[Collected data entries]
· · ·
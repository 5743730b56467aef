-- ===== src/Alias/Clone.antt =====
-- `csh_aliases_clone` rebuilds the table through `set_alias`, entry by entry.
use mathlib.Core.List.{append-nil, append_assoc}
use cshell.Prelude.{true, Option, none, some, [], ◌∷◌, ◌++◌, ◌≡◌, refl, ◌∙◌, subst, arith}
use cshell.Prelude.Bytes.{Bytes, bytes_lt, bytes_lt-ne}
use cshell.Prelude.Memory.{Memory, allocate, allocations}
use cshell.Prelude.Table.{find}
use cshell.Alias.{
  Aliases, Outcome, ok, err, valid_name, insert_sorted, set_alias, clone_onto, clone,
}
use cshell.Alias.Order.{Above, IsSorted, NamesValid, IsTable}

-- Every name of the list comes before `k`.
abbrev pub Below : Aliases → Bytes → Type 0
Below [] k = Unit
Below ((j, v) ∷ t) k = (bytes_lt j k ≡ true) × Below t k

find-Below : (k : Bytes) (t : Aliases) → Below t k → find k t ≡ none
unfolding find
find-Below k [] b = refl
find-Below k ((i, v) ∷ t) b = ground (arith, bytes_lt-ne i k b.0, find-Below k t b.1)

insert_sorted-Below :
    (k v : Bytes) (t : Aliases) → Below t k → insert_sorted k v t ≡ t ++ ((k, v) ∷ [])
unfolding insert_sorted
insert_sorted-Below k v [] b = refl
insert_sorted-Below k v ((i, w) ∷ t) b = rw (b.0, insert_sorted-Below k v t b.1)

pub set_alias-Below :
    (k v : Bytes) (t : Aliases)
    → valid_name k ≡ true
    → Below t k
    → set_alias k v t [] ≡ (ok, t ++ ((k, v) ∷ []), [])
unfolding set_alias allocate allocations
set_alias-Below k v t h b = ground (arith, find-Below k t b, insert_sorted-Below k v t b)

-- Each name of the copy comes before each name that is still to be copied.
abbrev pub Split : Aliases → Aliases → Type 0
Split copy [] = Unit
Split copy ((k, v) ∷ t) = Below copy k × Split copy t

Below-append :
    (t : Aliases) (j w k : Bytes) → Below t k → bytes_lt j k ≡ true → Below (t ++ ((j, w) ∷ [])) k
Below-append [] j w k b h = (h, tt)
Below-append ((i, u) ∷ t) j w k b h = (b.0, Below-append t j w k b.1 h)

pub Split-append :
    (copy : Aliases) (k v : Bytes) (t : Aliases)
    → Above k t
    → Split copy t
    → Split (copy ++ ((k, v) ∷ [])) t
Split-append copy k v [] a s = tt
Split-append copy k v ((i, w) ∷ t) a s =
    (Below-append copy k v i s.0 a.0, Split-append copy k v t a.1 s.1)

pub clone_onto-append :
    (copy t : Aliases)
    → IsSorted t
    → NamesValid t
    → Split copy t
    → clone_onto copy t [] ≡ (some (copy ++ t), [])
unfolding clone_onto
clone_onto-append copy [] s n p = rw append-nil
clone_onto-append copy ((k, v) ∷ t) s n p = ground (
  arith,
  set_alias-Below k v copy n.0 p.0,
  append_assoc copy ((k, v) ∷ []) t,
  clone_onto-append (copy ++ ((k, v) ∷ [])) t s.1 n.1 (Split-append copy k v t s.0 p.1),
)

pub Split-nil : (t : Aliases) → Split [] t
Split-nil [] = tt
Split-nil ((k, v) ∷ t) = (tt, Split-nil t)

-- With memory enough, the clone of a table is that table, entry for entry.
pub clone-eq : (t : Aliases) → IsTable t → clone t [] ≡ (some t, [])
unfolding clone allocate
clone-eq t h = clone_onto-append [] t h.sorted h.names (Split-nil t)

-- With any memory: a clone that is made is the table.
set_alias-appended :
    (k v : Bytes) (t : Aliases) (m : Memory)
    → valid_name k ≡ true
    → Below t k
    → (set_alias k v t m).0 ≡ ok
    → (set_alias k v t m).1 ≡ t ++ ((k, v) ∷ [])
unfolding set_alias
set_alias-appended k v t m h b e =
    ground (arith, find-Below k t b, insert_sorted-Below k v t b, e, h)

clone_onto-made :
    (copy t r : Aliases) (m : Memory)
    → IsSorted t
    → NamesValid t
    → Split copy t
    → (clone_onto copy t m).0 ≡ some r
    → r ≡ copy ++ t
unfolding clone_onto
clone_onto-made copy [] r m s n p e = ground (arith, e, append-nil copy)
clone_onto-made copy ((k, v) ∷ t) r m s n p e =
    let g = copy ++ ((k, v) ∷ []) in
    let x = set_alias k v copy m in
    next x.0 x.1 x.2 (set_alias-appended k v copy m n.0 p.0)
      (λ left. clone_onto-made g t r left s.1 n.1 (Split-append copy k v t s.0 p.1)) e
  where
    next :
        (o : Outcome) (grown : Aliases) (left : Memory)
        → (o ≡ ok → grown ≡ copy ++ ((k, v) ∷ []))
        → ((l : Memory)
            → (clone_onto (copy ++ ((k, v) ∷ [])) t l).0 ≡ some r
            → r ≡ (copy ++ ((k, v) ∷ [])) ++ t)
        → (elim o as (λ _. Option Aliases × Memory) [
          | ok ↦ clone_onto grown t left
          | err f ↦ (none, left)
        ]).0
          ≡ some r
        → r ≡ copy ++ ((k, v) ∷ t)
    next ok grown left h ih q =
        ih left (subst (λ z. (clone_onto z t left).0 ≡ some r) (h refl) q)
        ∙ append_assoc copy ((k, v) ∷ []) t
    next (err f) grown left h ih q = absurd (ground (arith, q))

pub clone-made : (t r : Aliases) (m : Memory) → IsTable t → (clone t m).0 ≡ some r → r ≡ t
unfolding clone
clone-made t r m h e =
    clone_onto-made [] t r (allocate m).1 h.sorted h.names (Split-nil t) (ground (arith, e))
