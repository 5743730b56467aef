-- ===== src/Alias/Builtin/Quote.antt =====
-- What `alias` prints is shell input that stands for the aliases: a reader of quoted words, written
-- from the shell's quoting rules and not from the code, gives the names and values back.
use mathlib.Core.List.{append_assoc, append-nil}
use cshell.Prelude.{
  ℕ, true, Option, none, some, List, [], ◌∷◌, ◌++◌, ◌≡◌, refl, ap, ==_iff, Bool-cases, inl, inr,
  ◌∙◌, arith, ◌==◌, if◌then◌else◌,
}
use cshell.Prelude.Bytes.{Bytes}
use cshell.Prelude.Stream.{ready, write-ready}
use cshell.Alias.{Aliases, alias_byte, alias_bytes, valid_name}
use cshell.Alias.Order.{NamesValid}
use cshell.Alias.Builtin.{quoted_byte, print_alias, print_all, and_write, write_quoted}

abbrev quoted : Bytes → Bytes
quoted [] = []
quoted (c ∷ cs) = quoted_byte c ++ quoted cs

-- The line that `print_alias` writes, newline included, before more text.
abbrev line : Bytes → Bytes → Bytes → Bytes
line name value rest = name ++ (b'=' ∷ b'\'' ∷ (quoted value ++ (b'\'' ∷ b'\n' ∷ rest)))

abbrev pub listing : Aliases → Bytes
listing [] = []
listing ((k, v) ∷ t) = line k v (listing t)

-- The operand that defines an alias: `name=value`.
abbrev pub definitions : Aliases → List Bytes
definitions [] = []
definitions ((k, v) ∷ t) = (k ++ (b'=' ∷ v)) ∷ definitions t

-- Where a reader of words stands: outside quotes, inside single quotes, behind a backslash.
pub data Mode : Type 0 where
  plain single escaped : Mode

-- Words, one to a line, with the quotes taken off; `word` is the word read so far.
-- An open quote at the end is an error.
unfoldable pub read_words : Mode → Bytes → Bytes → Option (List Bytes)
read_words plain word [] = some []
read_words single word [] = none
read_words escaped word [] = none
read_words single word (c ∷ cs) =
    if c == b'\'' then read_words plain word cs else read_words single (word ++ (c ∷ [])) cs
read_words escaped word (c ∷ cs) = read_words plain (word ++ (c ∷ [])) cs
read_words plain word (c ∷ cs) =
    if c == b'\''
    then read_words single word cs
    else if c == b'\\'
    then read_words escaped word cs
    else if c == b'\n'
    then (elim (read_words plain [] cs) [ none ↦ none | some ws ↦ some (word ∷ ws) ])
    else read_words plain (word ++ (c ∷ [])) cs

write_quoted-ready : (v t : Bytes) → write_quoted v (true, ready t) ≡ (true, ready (t ++ quoted v))
unfolding write_quoted and_write
write_quoted-ready [] t = rw append-nil
write_quoted-ready (c ∷ cs) t =
    rw write-ready (write_quoted-ready cs (t ++ quoted_byte c) ∙ rw append_assoc)

print_alias-ready : (k v t : Bytes) → print_alias k v (ready t) ≡ (true, ready (t ++ line k v []))
unfolding print_alias and_write
print_alias-ready k v t = rw (write-ready, write_quoted-ready v, write-ready) (simp append_assoc)

line-append : (k v rest : Bytes) → line k v [] ++ rest ≡ line k v rest
line-append k v rest = simp append_assoc

pub print_all-ready :
    (s : Aliases) (t : Bytes) → print_all s (ready t) ≡ (true, ready (t ++ listing s))
unfolding print_all
print_all-ready [] t = rw append-nil
print_all-ready ((k, v) ∷ s) t = ground (
  arith,
  print_alias-ready k v t,
  print_all-ready s (t ++ line k v []),
  append_assoc t (line k v []) (listing s),
  line-append k v (listing s),
)

read_words-quoted_byte :
    (c : ℕ) (word rest : Bytes)
    → read_words single word (quoted_byte c ++ rest) ≡ read_words single (word ++ (c ∷ [])) rest
unfolding read_words quoted_byte
read_words-quoted_byte c word rest = elim (Bool-cases (c == b'\'')) [
  | inl e ↦ rw ((==_iff c b'\'').0 e)
  | inr e ↦ rw (e, read_words) (rw e)
]

read_words-quoted :
    (v word rest : Bytes)
    → read_words single word (quoted v ++ rest) ≡ read_words single (word ++ v) rest
read_words-quoted [] word rest = rw append-nil
read_words-quoted (c ∷ cs) word rest =
    ap (read_words single word) (append_assoc (quoted_byte c) (quoted cs) rest)
    ∙ read_words-quoted_byte c word (quoted cs ++ rest)
    ∙ read_words-quoted cs (word ++ (c ∷ [])) rest
    ∙ rw append_assoc

-- An alias name has no byte that the reader treats specially.
alias_byte-plain :
    (c : ℕ) (word rest : Bytes)
    → alias_byte c ≡ true
    → read_words plain word (c ∷ rest) ≡ read_words plain (word ++ (c ∷ [])) rest
unfolding read_words alias_byte
alias_byte-plain c word rest h = ground arith

read_words-alias_bytes :
    (k word rest : Bytes)
    → alias_bytes k ≡ true
    → read_words plain word (k ++ rest) ≡ read_words plain (word ++ k) rest
unfolding alias_bytes
read_words-alias_bytes [] word rest h = rw append-nil
read_words-alias_bytes (c ∷ cs) word rest h =
    alias_byte-plain c word (cs ++ rest) (ground arith)
    ∙ read_words-alias_bytes cs (word ++ (c ∷ [])) rest (ground arith)
    ∙ rw append_assoc

pub valid_name-alias_bytes : (k : Bytes) → valid_name k ≡ true → alias_bytes k ≡ true
unfolding valid_name
valid_name-alias_bytes [] h = cc
valid_name-alias_bytes (c ∷ cs) h = h

-- One printed line is one word, `name=value`.
read_words-line :
    (k v rest : Bytes) {ws : List Bytes}
    → valid_name k ≡ true
    → read_words plain [] rest ≡ some ws
    → read_words plain [] (line k v rest) ≡ some ((k ++ (b'=' ∷ v)) ∷ ws)
unfolding read_words
read_words-line k v rest h e =
    read_words-alias_bytes k [] _ (valid_name-alias_bytes k h)
    ∙ read_words-quoted v (k ++ (b'=' ∷ [])) (b'\'' ∷ b'\n' ∷ rest)
    ∙ rw e (rw append_assoc)

pub read_words-listing :
    (t : Aliases) → NamesValid t → read_words plain [] (listing t) ≡ some (definitions t)
unfolding read_words
read_words-listing [] n = refl
read_words-listing ((k, v) ∷ t) n = read_words-line k v (listing t) n.0 (read_words-listing t n.1)
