-- ===== src/Examples/Limiting.antt =====
-- The rate limits at a few requests.
use cherry_wiki.Base.{ℕ, ◌≤◌, String, true, none, some, List, [], ◌∷◌, ◌=ₛ◌, ◌≡◌, refl, arith}
use cherry_wiki.Net.RateLimit.{rate_limit_script, mcp_check}
use cherry_wiki.Net.RateLimit.Alive.{in_window}
use cherry_wiki.Net.RateLimit.Window.{requests, empty_log}
use cherry_wiki.Net.RateLimit.Guards.{RequestLike, get_ip_address, get_space_id}
use cherry_wiki.Net.RateLimit.Guards.Lanes.{Arrival, serve, nothing_served, times_of}
use cherry_wiki.Net.RateLimit.Guards.Bounded.{bridge_bounded}

-- Three requests in one second and one after it, where two a second may pass.
abbrev times : List ℕ
times = 0 ∷ 400 ∷ 900 ∷ 1000 ∷ []

script_passes : (requests (rate_limit_script 1 2) times empty_log).passed ≡ 1000 ∷ 400 ∷ 0 ∷ []
unfolding requests rate_limit_script
script_passes = refl

-- The refused call counts, so that the last is refused also.
mcp_passes : (requests (mcp_check 1 2) times empty_log).passed ≡ 400 ∷ 0 ∷ []
unfolding requests mcp_check
mcp_passes = refl

abbrev from_a : RequestLike
from_a = record {
  ip = some "a";
  raw_ip = none;
  raw_remote_address = none;
  remote_address = none;
  body_space_id = some "s";
}

abbrev arrivals : List Arrival
arrivals = record { at = 5; request = from_a } ∷ record { at = 8; request = from_a } ∷ []

bridge_bounded_example :
    let passed = (serve arrivals nothing_served).passed in
    (in_window 60000 10 (times_of (λ r. true) passed) ≤ 1000)
    × ((a : String) → in_window 60000 10 (times_of (λ r. get_ip_address r =ₛ a) passed) ≤ 100)
    × ((a : String) → in_window 60000 10 (times_of (λ r. get_space_id r =ₛ a) passed) ≤ 200)
bridge_bounded_example = bridge_bounded arrivals (omega arith, (omega arith, tt)) 10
· · ·
### WORK TO COMPLETE
In the entries above, please find the line with "set_alias-Below k v t" and the line with "clone_onto-made copy []", then write out exactly those two lines and every line between them, and nothing more.

### RESULT FOR THIS EXERCISE
set_alias-Below k v t h b = ground (arith, find-Below k t b, insert_sorted-Below k v t b)

-- Each name of the copy comes before each name that is still to be copied.
abbrev pub Split : Aliases → Aliases → Type 0
Split copy [] = Unit
Split copy ((k, v) ∷ t) = Below copy k × Split copy t

Below-append :
    (t : Aliases) (j w k : Bytes) → Below t k → bytes_lt j k ≡ true → Below (t ++ ((j, w) ∷ [])) k
Below-append [] j w k b h = (h, tt)
Below-append ((i, u) ∷ t) j w k b h = (b.0, Below-append t j w k b.1 h)

pub Split-append :
    (copy : Aliases) (k v : Bytes) (t : Aliases)
    → Above k t
    → Split copy t
    → Split (copy ++ ((k, v) ∷ [])) t
Split-append copy k v [] a s = tt
Split-append copy k v ((i, w) ∷ t) a s =
    (Below-append copy k v i s.0 a.0, Split-append copy k v t a.1 s.1)

pub clone_onto-append :
    (copy t : Aliases)
    → IsSorted t
    → NamesValid t
    → Split copy t
    → clone_onto copy t [] ≡ (some (copy ++ t), [])
unfolding clone_onto
clone_onto-append copy [] s n p = rw append-nil
clone_onto-append copy ((k, v) ∷ t) s n p = ground (
  arith,
  set_alias-Below k v copy n.0 p.0,
  append_assoc copy ((k, v) ∷ []) t,
  clone_onto-append (copy ++ ((k, v) ∷ [])) t s.1 n.1 (Split-append copy k v t s.0 p.1),
)

pub Split-nil : (t : Aliases) → Split [] t
Split-nil [] = tt
Split-nil ((k, v) ∷ t) = (tt, Split-nil t)

-- With memory enough, the clone of a table is that table, entry for entry.
pub clone-eq : (t : Aliases) → IsTable t → clone t [] ≡ (some t, [])
unfolding clone allocate
clone-eq t h = clone_onto-append [] t h.sorted h.names (Split-nil t)

-- With any memory: a clone that is made is the table.
set_alias-appended :
    (k v : Bytes) (t : Aliases) (m : Memory)
    → valid_name k ≡ true
    → Below t k
    → (set_alias k v t m).0 ≡ ok
    → (set_alias k v t m).1 ≡ t ++ ((k, v) ∷ [])
unfolding set_alias
set_alias-appended k v t m h b e =
    ground (arith, find-Below k t b, insert_sorted-Below k v t b, e, h)

clone_onto-made :
    (copy t r : Aliases) (m : Memory)
    → IsSorted t
    → NamesValid t
    → Split copy t
    → (clone_onto copy t m).0 ≡ some r
    → r ≡ copy ++ t
unfolding clone_onto
clone_onto-made copy [] r m s n p e = ground (arith, e, append-nil copy)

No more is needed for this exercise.